Lou Anne Brustel of France took gold U78kg, Helen Vukovic was the best of two in the +78kg division.

Israel also lost one final, for women U52kg Nadezda Petrovic of Serbia took the gold against Paz Kafri (ISR).

Back to the men: Bulgaria was remarkably strong in men’s U73kg and U90kg with two gold medals for Mark Hristov and Kostadin Tsvetanov. Giga Abuashvili  of Georgia defeated home player Vuk Elez of Bosnia in the final U81kg.

JudoInsider Mathias Madsen of Denmark defeated another JudoInsider, Kylian Bulthuis in the final U100kg in a very weak field with just six athletes.
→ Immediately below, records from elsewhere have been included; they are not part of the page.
-- ===== src/EventLog.antt =====
-- src/event_log/mod.rs: the events that the program records. A UUID and a time are numbers.
pub mod Lines
pub mod Store
mod Tests
use vai.Common.{ℕ, Option, none, some, List, String}

pub record EntitySummary : Type 0 where
  pub id : String
  pub kind : String
  pub name : String
  pub qualified_name : String
  pub file_path : String

pub data ConflictSeverity : Type 0 where
  low medium high : ConflictSeverity

pub record ConflictInfo : Type 0 where
  pub conflict_id : ℕ
  pub entity_a : String
  pub entity_b : String
  pub description : String
  pub severity : ConflictSeverity

-- The fields of each constructor are those of the source's variant, in its order.
pub data EventKind : Type 0 where
  repo_initialized : ℕ → String → EventKind
  version_created : String → Option String → String → EventKind
  workspace_created : ℕ → String → String → EventKind
  workspace_submitted : ℕ → String → EventKind
  workspace_discarded : ℕ → String → EventKind
  entity_added : ℕ → EntitySummary → EventKind
  entity_modified : ℕ → String → String → EventKind
  entity_removed : ℕ → String → EventKind
  file_added : ℕ → String → String → EventKind
  file_modified : ℕ → String → String → String → EventKind
  file_removed : ℕ → String → EventKind
  merge_completed : ℕ → String → ℕ → EventKind
  merge_conflict_detected : ℕ → ConflictInfo → EventKind
  merge_conflict_resolved : ℕ → String → String → EventKind
  rollback_created : String → String → Option String → EventKind
  issue_created : ℕ → String → String → String → EventKind
  issue_updated : ℕ → List String → EventKind
  issue_assigned : ℕ → String → EventKind
  issue_linked_to_workspace : ℕ → ℕ → EventKind
  issue_resolved : ℕ → String → Option String → EventKind
  issue_closed : ℕ → String → EventKind
  escalation_created : ℕ → String → String → List String → String → EventKind
  escalation_resolved : ℕ → String → String → EventKind
  comment_created : ℕ → ℕ → String → String → Option ℕ → List ℕ → EventKind
  repo_agent_secret_set : ℕ → String → EventKind
  repo_agent_secret_deleted : ℕ → String → EventKind

abbrev pub event_type : EventKind → String
event_type (repo_initialized repo name) = "RepoInitialized"
event_type (version_created version parent intent) = "VersionCreated"
event_type (workspace_created workspace intent base) = "WorkspaceCreated"
event_type (workspace_submitted workspace summary) = "WorkspaceSubmitted"
event_type (workspace_discarded workspace reason) = "WorkspaceDiscarded"
event_type (entity_added workspace entity) = "EntityAdded"
event_type (entity_modified workspace entity change) = "EntityModified"
event_type (entity_removed workspace entity) = "EntityRemoved"
event_type (file_added workspace path hash) = "FileAdded"
event_type (file_modified workspace path old_hash new_hash) = "FileModified"
event_type (file_removed workspace path) = "FileRemoved"
event_type (merge_completed workspace version resolved) = "MergeCompleted"
event_type (merge_conflict_detected workspace conflict) = "MergeConflictDetected"
event_type (merge_conflict_resolved conflict resolution by) = "MergeConflictResolved"
event_type (rollback_created target version filter) = "RollbackCreated"
event_type (issue_created issue title creator priority) = "IssueCreated"
event_type (issue_updated issue changed) = "IssueUpdated"
event_type (issue_assigned issue agent) = "IssueAssigned"
event_type (issue_linked_to_workspace issue workspace) = "IssueLinkedToWorkspace"
event_type (issue_resolved issue resolution version) = "IssueResolved"
event_type (issue_closed issue resolution) = "IssueClosed"
event_type (escalation_created escalation type severity workspaces summary) = "EscalationCreated"
event_type (escalation_resolved escalation resolution by) = "EscalationResolved"
event_type (comment_created issue comment author type parent mentions) = "CommentCreated"
event_type (repo_agent_secret_set repo key) = "RepoAgentSecretSet"
event_type (repo_agent_secret_deleted repo key) = "RepoAgentSecretDeleted"

abbrev pub workspace_id : EventKind → Option ℕ
workspace_id (workspace_created workspace intent base) = some workspace
workspace_id (workspace_submitted workspace summary) = some workspace
workspace_id (workspace_discarded workspace reason) = some workspace
workspace_id (entity_added workspace entity) = some workspace
workspace_id (entity_modified workspace entity change) = some workspace
workspace_id (entity_removed workspace entity) = some workspace
workspace_id (file_added workspace path hash) = some workspace
workspace_id (file_modified workspace path old_hash new_hash) = some workspace
workspace_id (file_removed workspace path) = some workspace
workspace_id (merge_completed workspace version resolved) = some workspace
workspace_id (merge_conflict_detected workspace conflict) = some workspace
workspace_id kind = none

abbrev pub entity_id : EventKind → Option String
entity_id (entity_added workspace entity) = some (entity.id)
entity_id (entity_modified workspace entity change) = some entity
entity_id (entity_removed workspace entity) = some entity
entity_id kind = none

pub record Event : Type 0 where
  pub id : ℕ
  pub timestamp : ℕ
  pub kind : EventKind
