-- ===== src/Graph.antt =====
-- src/graph/mod.rs: the tables of the semantic graph. The parsers of source files are a parameter, and SQL
-- statements are taken to succeed. Ids are texts.
pub mod Reach
pub mod Queries
pub mod Update
mod Tests
use Prim.Native.String.{compare}
use Prim.Native.Nat.{Ordering}
use vai.Common.{
  ℕ, Option, none, some, Bool, true, false, not, ◌||◌, List, [], ◌∷◌, ◌++◌, String, ◌==◌, leb,
  if◌then◌else◌, keep, length, ◌&&◌,
}
use vai.Common.Eq.{string_equality}
use vai.Common.Sets.{contains}

pub data EntityKind : Type 0 where
  function : EntityKind
  method : EntityKind
  struct : EntityKind
  enum : EntityKind
  trait : EntityKind
  impl : EntityKind
  module_kind : EntityKind
  use_statement : EntityKind
  class : EntityKind
  interface : EntityKind
  type_alias : EntityKind
  component : EntityKind
  hook : EntityKind
  export_statement : EntityKind

pub data RelationshipKind : Type 0 where
  contains_kind : RelationshipKind
  imports : RelationshipKind
  calls : RelationshipKind
  implements : RelationshipKind
  extends : RelationshipKind

pub record Entity : Type 0 where
  pub id : String
  pub kind : EntityKind
  pub name : String
  pub qualified_name : String
  pub file_path : String
  pub byte_range : ℕ × ℕ
  pub line_range : ℕ × ℕ
  pub parent_entity : Option String

pub record Relationship : Type 0 where
  pub id : String
  pub kind : RelationshipKind
  pub from_entity : String
  pub to_entity : String

-- The tables `entities` and `relationships`.
pub record GraphSnapshot : Type 0 where
  pub entities : List Entity
  pub relationships : List Relationship

abbrev pub empty_snapshot : GraphSnapshot
empty_snapshot = record { entities = []; relationships = [] }

-- `INSERT OR REPLACE`: the row of that id goes, the new one comes last.
unfoldable pub upsert_entity : Entity → GraphSnapshot → GraphSnapshot
upsert_entity e g = record g { entities = keep (λ x. not (x.id == e.id)) g.entities ++ e ∷ [] }

unfoldable pub upsert_relationship : Relationship → GraphSnapshot → GraphSnapshot
upsert_relationship r g = record g {
  relationships = keep (λ x. not (x.id == r.id)) g.relationships ++ r ∷ [];
}

abbrev pub touches : String → Relationship → Bool
touches id r = r.from_entity == id || r.to_entity == id

abbrev pub get_entity_ids_for_file : String → List Entity → List String
get_entity_ids_for_file file [] = []
get_entity_ids_for_file file (e ∷ es) =
    let rest = get_entity_ids_for_file file es in if e.file_path == file then e.id ∷ rest else rest

-- One `DELETE` for each id.
unfoldable pub delete_touching : List String → List Relationship → List Relationship
delete_touching [] rs = rs
delete_touching (id ∷ ids) rs = delete_touching ids (keep (λ r. not (touches id r)) rs)

unfoldable pub remove_file : String → GraphSnapshot → GraphSnapshot
remove_file file g = record {
  entities = keep (λ e. not (e.file_path == file)) g.entities;
  relationships = delete_touching (get_entity_ids_for_file file g.entities) g.relationships;
}

unfoldable pub get_entity_by_id : String → List Entity → Option Entity
get_entity_by_id id [] = none
get_entity_by_id id (e ∷ es) =
    let rest = get_entity_by_id id es in if e.id == id then some e else rest

-- `ORDER BY file_path, line_start`.
abbrev before_or_equal : Entity → Entity → Bool
before_or_equal a b = elim (compare a.file_path b.file_path) [
  | Ordering.lt ↦ true
  | Ordering.eq ↦ leb a.line_range.0 b.line_range.0
  | Ordering.gt ↦ false
]

unfoldable pub insert_entity : Entity → List Entity → List Entity
insert_entity e [] = e ∷ []
insert_entity e (x ∷ xs) = if before_or_equal e x then e ∷ x ∷ xs else x ∷ insert_entity e xs

unfoldable pub order_entities : List Entity → List Entity
unfolding insert_entity
order_entities [] = []
order_entities (e ∷ es) = insert_entity e (order_entities es)

abbrev pub get_entities_by_ids : List String → GraphSnapshot → List Entity
get_entities_by_ids ids g = order_entities (keep (λ e. contains e.id ids) g.entities)

abbrev pub get_relationships_for_entity : String → GraphSnapshot → List Relationship
get_relationships_for_entity id g = keep (touches id) g.relationships

abbrev pub get_outgoing_relationships : String → GraphSnapshot → List Relationship
get_outgoing_relationships id g = keep (λ r. r.from_entity == id) g.relationships

abbrev pub get_incoming_relationships : String → GraphSnapshot → List Relationship
get_incoming_relationships id g = keep (λ r. r.to_entity == id) g.relationships

unfoldable pub upsert_entities : List Entity → GraphSnapshot → GraphSnapshot
upsert_entities [] g = g
upsert_entities (e ∷ es) g = upsert_entities es (upsert_entity e g)

unfoldable pub upsert_relationships : List Relationship → GraphSnapshot → GraphSnapshot
upsert_relationships [] g = g
upsert_relationships (r ∷ rs) g = upsert_relationships rs (upsert_relationship r g)

pub record ParseStats : Type 0 where
  pub entities_found : ℕ
  pub relationships_found : ℕ

-- The argument is what `parse_source_file` returns for the file; `none` is an error of the parser, which comes
-- after the old rows are gone.
unfoldable pub update_file :
    String
    → Option (List Entity × List Relationship)
    → GraphSnapshot
    → GraphSnapshot × Option ParseStats
update_file file none g = (remove_file file g, none)
update_file file (some (es, rs)) g = (
  upsert_relationships rs (upsert_entities es (remove_file file g)),
  some (record { entities_found = length es; relationships_found = length rs }),
)

unfoldable pub kind_as_str : EntityKind → String
kind_as_str function = "function"
kind_as_str method = "method"
kind_as_str struct = "struct"
kind_as_str enum = "enum"
kind_as_str trait = "trait"
kind_as_str impl = "impl"
kind_as_str module_kind = "module"
kind_as_str use_statement = "use_statement"
kind_as_str class = "class"
kind_as_str interface = "interface"
kind_as_str type_alias = "type_alias"
kind_as_str component = "component"
kind_as_str hook = "hook"
kind_as_str export_statement = "export_statement"

-- A filter that is not given lets every row through. `LIKE '%name%'` is SQLite's and a parameter.
abbrev pub matches {ℓ} : {A : Type ℓ} → (A → Bool) → Option A → Bool
matches test none = true
matches test (some a) = test a

unfoldable pub filter_entities :
    (String → String → Bool)
    → Option String
    → Option String
    → Option String
    → GraphSnapshot
    → List Entity
unfolding kind_as_str
filter_entities like kind file name g = order_entities (
    keep
      (λ e.
        matches (λ k. kind_as_str e.kind == k) kind
        && matches (λ f. e.file_path == f) file
        && matches (λ n. like n e.name) name)
      g.entities)
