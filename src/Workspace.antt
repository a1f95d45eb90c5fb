-- ===== src/Workspace.antt =====
-- src/workspace/mod.rs: the workspaces under .vai/workspaces, the file that names the active one, and the event log.
-- A directory holds its meta.toml from its creation on; reading and writing it, and removing a directory, is taken
-- to succeed where the directory exists. A path component `id` is the text of a UUID and stands here for the UUID
-- that it names, a number. The overlay files are left out.
pub mod Directories
pub mod Listing
pub mod Runs
mod Tests
use vai.Common.{
  ℕ, Option, none, some, Bool, true, false, not, ◌&&◌, ◌||◌, List, [], ◌∷◌, ◌++◌, String, leb,
  nat_eq, if◌then◌else◌, keep, any,
}
use vai.Common.Table.{find_key}
use vai.EventLog.{EventKind, workspace_created, workspace_discarded}

pub data WorkspaceStatus : Type 0 where
  created : WorkspaceStatus
  active : WorkspaceStatus
  submitted : WorkspaceStatus
  merged : WorkspaceStatus
  discarded : WorkspaceStatus

-- `not_found` has the id, and for `switch` the status that its text names.
pub data WorkspaceError : Type 0 where
  io : WorkspaceError
  not_found : ℕ → Option WorkspaceStatus → WorkspaceError
  no_active_workspace : WorkspaceError

pub data Outcome (A : Type 0) : Type 0 where
  ok : A → Outcome A
  err : WorkspaceError → Outcome A

pub record WorkspaceMeta : Type 0 where
  pub id : ℕ
  pub intent : String
  pub base_version : String
  pub status : WorkspaceStatus
  pub created_at : ℕ
  pub updated_at : ℕ
  pub issue_id : Option ℕ
  pub deleted_paths : List String

-- The directories in the order in which `read_dir` lists them, and the content of the file `active`.
pub record VaiDir : Type 0 where
  pub workspaces : List (ℕ × WorkspaceMeta)
  pub active_file : Option ℕ
  pub event_log : List EventKind

-- `workspaces/<id>/meta.toml`.
abbrev pub directory : ℕ × WorkspaceMeta → ℕ
directory d = d.0

abbrev pub is_directory : ℕ → List (ℕ × WorkspaceMeta) → Bool
is_directory id ds = any (λ d. nat_eq d.0 id) ds

-- Writes the file in a directory that exists.
unfoldable pub write_meta : ℕ → WorkspaceMeta → List (ℕ × WorkspaceMeta) → List (ℕ × WorkspaceMeta)
write_meta id meta [] = []
write_meta id meta (d ∷ ds) = (if nat_eq d.0 id then (id, meta) else d) ∷ write_meta id meta ds

-- `create_dir_all` and the write of the new file.
unfoldable pub make_directory :
    ℕ → WorkspaceMeta → List (ℕ × WorkspaceMeta) → List (ℕ × WorkspaceMeta)
make_directory id meta ds =
    if is_directory id ds then write_meta id meta ds else ds ++ (id, meta) ∷ []

abbrev pub new_meta : ℕ → ℕ → String → String → WorkspaceMeta
new_meta id now intent base_version = record {
  id = id;
  intent = intent;
  base_version = base_version;
  status = created;
  created_at = now;
  updated_at = now;
  issue_id = none;
  deleted_paths = [];
}

unfoldable pub create_with_id : ℕ → ℕ → String → String → VaiDir → VaiDir × WorkspaceMeta
create_with_id id now intent base_version w =
    let meta = new_meta id now intent base_version in
    (
      record {
        workspaces = make_directory id meta w.workspaces;
        active_file = some id;
        event_log = w.event_log ++ workspace_created id intent base_version ∷ [];
      },
      meta,
    )

abbrev pub is_inactive : WorkspaceStatus → Bool
is_inactive merged = true
is_inactive discarded = true
is_inactive _ = false

-- The stable sort by the time of creation, newest first.
unfoldable pub insert_newest : WorkspaceMeta → List WorkspaceMeta → List WorkspaceMeta
insert_newest m [] = m ∷ []
insert_newest m (x ∷ xs) =
    if leb x.created_at m.created_at then m ∷ x ∷ xs else x ∷ insert_newest m xs

unfoldable pub sort_newest : List WorkspaceMeta → List WorkspaceMeta
unfolding insert_newest
sort_newest [] = []
sort_newest (x ∷ xs) = insert_newest x (sort_newest xs)

abbrev pub read_all : List (ℕ × WorkspaceMeta) → List WorkspaceMeta
read_all [] = []
read_all (d ∷ ds) = d.1 ∷ read_all ds

unfoldable pub list_filtered : Bool → VaiDir → List WorkspaceMeta
list_filtered include_inactive w =
    sort_newest (keep (λ m. include_inactive || not (is_inactive m.status)) (read_all w.workspaces))

abbrev pub list : VaiDir → List WorkspaceMeta
list w = list_filtered false w

abbrev pub list_all : VaiDir → List WorkspaceMeta
list_all w = list_filtered true w

abbrev pub read_meta : ℕ → Option (ℕ × WorkspaceMeta) → Outcome WorkspaceMeta
read_meta id none = err (not_found id none)
read_meta id (some d) = ok d.1

unfoldable pub get : ℕ → VaiDir → Outcome WorkspaceMeta
get id w = read_meta id (find_key directory id w.workspaces)

abbrev pub switch_to : ℕ → Outcome WorkspaceMeta → VaiDir → VaiDir × Outcome WorkspaceMeta
switch_to id (err e) w = (w, err e)
switch_to id (ok meta) w =
    if is_inactive meta.status
    then (w, err (not_found id (some meta.status)))
    else (record w { active_file = some id }, ok meta)

unfoldable pub switch : ℕ → VaiDir → VaiDir × Outcome WorkspaceMeta
unfolding get
switch id w = switch_to id (get id w) w

abbrev pub remove_dir_all : ℕ → List (ℕ × WorkspaceMeta) → List (ℕ × WorkspaceMeta)
remove_dir_all id ds = keep (λ d. not (nat_eq d.0 id)) ds

abbrev pub or_default : Option String → String
or_default none = "discarded by user"
or_default (some reason) = reason

-- The pointer is cleared if it names the workspace.
abbrev pub clear_active : ℕ → Option ℕ → Option ℕ
clear_active id none = none
clear_active id (some a) = if nat_eq a id then none else some a

abbrev pub discard_found :
    ℕ → ℕ → Option String → Outcome WorkspaceMeta → VaiDir → VaiDir × Outcome WorkspaceMeta
discard_found id now reason (err e) w = (w, err e)
discard_found id now reason (ok meta) w =
    let gone = record meta { status = discarded; updated_at = now } in
    (
      record {
        workspaces = remove_dir_all id (write_meta id gone w.workspaces);
        active_file = clear_active id w.active_file;
        event_log = w.event_log ++ workspace_discarded meta.id (or_default reason) ∷ [];
      },
      ok gone,
    )

unfoldable pub discard : ℕ → ℕ → Option String → VaiDir → VaiDir × Outcome WorkspaceMeta
unfolding get write_meta
discard id now reason w = discard_found id now reason (get id w) w

abbrev pub active_id : VaiDir → Option ℕ
active_id w = w.active_file

unfoldable pub active_workspace : VaiDir → Outcome WorkspaceMeta
unfolding get
active_workspace w = elim (active_id w) [ none ↦ err no_active_workspace | some id ↦ get id w ]

-- The write fails where there is no directory.
unfoldable pub update_meta : WorkspaceMeta → VaiDir → VaiDir × Outcome Unit
unfolding write_meta
update_meta meta w =
    if is_directory meta.id w.workspaces
    then (record w { workspaces = write_meta meta.id meta w.workspaces }, ok tt)
    else (w, err io)
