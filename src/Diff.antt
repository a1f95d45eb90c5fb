-- ===== src/Diff.antt =====
-- src/diff/mod.rs: what a workspace has changed. The MergeFs behind it is two tables of files, those of `overlay/` and
-- those of `base/`, and reads succeed. The parser of Rust files and the hash are parameters. A `HashMap` is walked
-- in the order of the list here.
pub mod Record
pub mod Files
pub mod Spans
pub mod Entities
mod Tests
use Prim.Native.Char.{code}
use Prim.Native.String.{[] as ε, ◌∷◌ as ◌∷ˢ◌}
use vai.Common.{
  ℕ, zero, suc, ◌+◌, Option, none, some, Bool, true, false, not, ◌&&◌, ◌||◌, List, [], ◌∷◌, ◌++◌,
  String, ◌==◌, nat_eq, leb, if◌then◌else◌, length, keep, any, between, is_empty, min,
}
use vai.Common.Partial.{◌>>=◌}
use vai.Common.Eq.{string_equality}
use vai.Common.Sets.{contains}
use vai.EventLog.{
  EventKind, entity_added, entity_modified, entity_removed, file_added, file_modified, file_removed,
}
use vai.Graph.{Entity, EntityKind, Relationship, kind_as_str}
use vai.Workspace.{
  VaiDir, WorkspaceMeta, WorkspaceError, WorkspaceStatus, created, active, Outcome, ok, err,
  active_workspace, update_meta,
}

pub data FileChangeType : Type 0 where
  added : FileChangeType
  modified : FileChangeType
  deleted : FileChangeType

pub record FileDiff : Type 0 where
  pub path : String
  pub change_type : FileChangeType
  pub lines : ℕ
  pub content_hash : String

pub data EntityChangeType : Type 0 where
  added : EntityChangeType
  modified : EntityChangeType
  removed : EntityChangeType

pub record EntityChange : Type 0 where
  pub entity_id : String
  pub qualified_name : String
  pub kind : EntityKind
  pub file_path : String
  pub change_type : EntityChangeType
  pub line_range : Option (ℕ × ℕ)

pub record WorkspaceDiff : Type 0 where
  pub workspace_id : ℕ
  pub base_version : String
  pub file_diffs : List FileDiff
  pub entity_changes : List EntityChange

pub data DiffError : Type 0 where
  workspace_error : WorkspaceError → DiffError
  graph_error : DiffError

pub data Computed : Type 0 where
  computed : WorkspaceDiff → Computed
  failed : DiffError → Computed

abbrev pub computed_or_failed : Option WorkspaceDiff → Computed
computed_or_failed none = failed graph_error
computed_or_failed (some d) = computed d

-- Files with their bytes, under the path behind the prefix.
pub record MergeFs : Type 0 where
  pub overlay : List (String × List ℕ)
  pub base : List (String × List ℕ)

unfoldable pub read_file : String → List (String × List ℕ) → Option (List ℕ)
read_file path [] = none
read_file path (f ∷ fs) = let rest = read_file path fs in if f.0 == path then some f.1 else rest

abbrev pub exists : String → List (String × List ℕ) → Bool
exists path fs = any (λ f. f.0 == path) fs

abbrev newlines : List ℕ → ℕ
newlines [] = 0
newlines (b ∷ bytes) = if nat_eq b 10 then suc (newlines bytes) else newlines bytes

unfoldable pub count_lines : List ℕ → ℕ
count_lines [] = 0
count_lines (b ∷ bytes) = newlines (b ∷ bytes) + 1

abbrev pub ends_with : String → String → Bool
ends_with suffix ε = suffix == ε
ends_with suffix (c ∷ˢ s) = suffix == (c ∷ˢ s) || ends_with suffix s

-- Collected into a map by id: a later entity takes the place of an earlier one.
unfoldable pub to_map : List Entity → List Entity
to_map [] = []
to_map (e ∷ es) = let rest = to_map es in if any (λ x. x.id == e.id) rest then rest else e ∷ rest

unfoldable pub lookup : String → List Entity → Option Entity
lookup id [] = none
lookup id (e ∷ es) = let rest = lookup id es in if e.id == id then some e else rest

abbrev pub change : String → EntityChangeType → Option (ℕ × ℕ) → Entity → EntityChange
change path kind_of_change lines e = record {
  entity_id = e.id;
  qualified_name = e.qualified_name;
  kind = e.kind;
  file_path = path;
  change_type = kind_of_change;
  line_range = lines;
}

-- `content.get(start..end.min(len))`, empty where the range is out of order.
abbrev pub span : List ℕ → Entity → List ℕ
span content e = between e.byte_range.0 (min e.byte_range.1 (length content)) content

abbrev pub same_bytes : List ℕ → List ℕ → Bool
same_bytes [] [] = true
same_bytes [] (b ∷ ys) = false
same_bytes (a ∷ xs) [] = false
same_bytes (a ∷ xs) (b ∷ ys) = nat_eq a b && same_bytes xs ys

-- The change of an entity of the overlay, by the entity of that id in the base.
abbrev pub change_against : String → List ℕ → List ℕ → Entity → Option Entity → List EntityChange
change_against path content base e none =
    change path EntityChangeType.added (some e.line_range) e ∷ []
change_against path content base e (some b) =
    if same_bytes (span base b) (span content e)
    then []
    else change path EntityChangeType.modified (some e.line_range) e ∷ []

unfoldable pub changed : String → List ℕ → List ℕ → List Entity → List Entity → List EntityChange
unfolding lookup
changed path content base base_map [] = []
changed path content base base_map (e ∷ es) =
    change_against path content base e (lookup e.id base_map)
    ++ changed path content base base_map es

unfoldable pub all_changes : String → EntityChangeType → List Entity → List EntityChange
all_changes path EntityChangeType.added [] = []
all_changes path EntityChangeType.modified [] = []
all_changes path EntityChangeType.removed [] = []
all_changes path EntityChangeType.added (e ∷ es) =
    change path EntityChangeType.added (some e.line_range) e
    ∷ all_changes path EntityChangeType.added es
all_changes path t (e ∷ es) = change path t none e ∷ all_changes path t es

module _ (parse_rust_source : String → List ℕ → Option (List Entity × List Relationship))
    (sha256_hex : List ℕ → String) where
  -- `none` is an error of the parser.
  unfoldable pub compute_entity_diff :
      String → List ℕ → Option (List ℕ) → Option (List EntityChange)
  unfolding to_map changed all_changes
  compute_entity_diff path content none =
      parse_rust_source path content
      >>= (λ (es, _). some (all_changes path EntityChangeType.added (to_map es)))
  compute_entity_diff path content (some base) = parse_rust_source path content >>= (λ (es, _).
      parse_rust_source path base >>= (λ (bs, _).
        let overlay_map = to_map es in
        let base_map = to_map bs in
        some (
          changed path content base base_map overlay_map
          ++ all_changes path EntityChangeType.removed
              (keep (λ b. not (any (λ x. x.id == b.id) overlay_map)) base_map))))

  abbrev pub file_diff : List (String × List ℕ) → String × List ℕ → FileDiff
  file_diff base f = record {
    path = f.0;
    change_type = if exists f.0 base then FileChangeType.modified else FileChangeType.added;
    lines = count_lines f.1;
    content_hash = sha256_hex f.1;
  }

  abbrev pub entity_diff : List (String × List ℕ) → String × List ℕ → Option (List EntityChange)
  entity_diff base f =
      if ends_with ".rs" f.0 then compute_entity_diff f.0 f.1 (read_file f.0 base) else some []

  unfoldable pub overlay_changes :
      List (String × List ℕ) → List (String × List ℕ) → Option (List FileDiff × List EntityChange)
  overlay_changes base [] = some ([], [])
  overlay_changes base (f ∷ fs) = entity_diff base f >>= (λ es.
      overlay_changes base fs >>= (λ rest. some (file_diff base f ∷ rest.0, es ++ rest.1)))

  abbrev pub deleted_diff : String → FileDiff
  deleted_diff path = record {
    path = path;
    change_type = FileChangeType.deleted;
    lines = 0;
    content_hash = "";
  }

  abbrev pub removed_of : String → Option (List ℕ) → List EntityChange
  removed_of path none = []
  removed_of path (some content) = elim (parse_rust_source path content) [
    | none ↦ []
    | some r ↦ all_changes path EntityChangeType.removed r.0
  ]

  unfoldable pub deletions :
      List (String × List ℕ) → List String → List FileDiff × List EntityChange
  deletions base [] = ([], [])
  deletions base (path ∷ paths) =
      let rest = deletions base paths in
      let gone = if ends_with ".rs" path then removed_of path (read_file path base) else [] in
      if exists path base then (deleted_diff path ∷ rest.0, gone ++ rest.1) else rest

  unfoldable pub compute_with_fs : MergeFs → ℕ → String → List String → Option WorkspaceDiff
  unfolding overlay_changes deletions
  compute_with_fs fs workspace_id base_version deleted_paths =
      let gone = deletions fs.base deleted_paths in
      overlay_changes fs.base fs.overlay >>= (λ r. some (record {
        workspace_id = workspace_id;
        base_version = base_version;
        file_diffs = r.0 ++ gone.0;
        entity_changes = r.1 ++ gone.1;
      }))

  -- Each path once, where it comes first.
  abbrev pub first_seen : List String → List String → List String
  first_seen seen [] = []
  first_seen seen (path ∷ paths) =
      let new = path ∷ first_seen (path ∷ seen) paths in
      let old = first_seen seen paths in if contains path seen then old else new

  -- The manifest `.vai-deleted` is an argument, empty where the file is missing or cannot be read.
  unfoldable pub compute : List String → MergeFs → VaiDir → Computed
  unfolding compute_with_fs
  compute from_manifest fs w = elim (active_workspace w) [
    | err e ↦ failed (workspace_error e)
    | ok meta ↦ computed_or_failed (
        compute_with_fs fs meta.id meta.base_version
          (first_seen [] (from_manifest ++ meta.deleted_paths)))
  ]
Losseni Kone of Germany defeated Bosnian Igor Vracar in the final +100kg.

Junior European Cup Tour

You wonder if the situation was any different if the IJF publishes all the participants. It could have been even worse as some athletes pulled back in the last moment.

Investments are made by the athletes to travel to Sarajevo, but the field was weak. This must be sign for the European Judo Union to reconsider all events each year in a growing ‘market’ where competitive judo is needed against the strong Asian and Pan American countries.

Young athletes can only spend their money once, perhaps twice and because of the pressure they are forced to further investments, but the return on investment is relatively small, whether you win gold or nothing.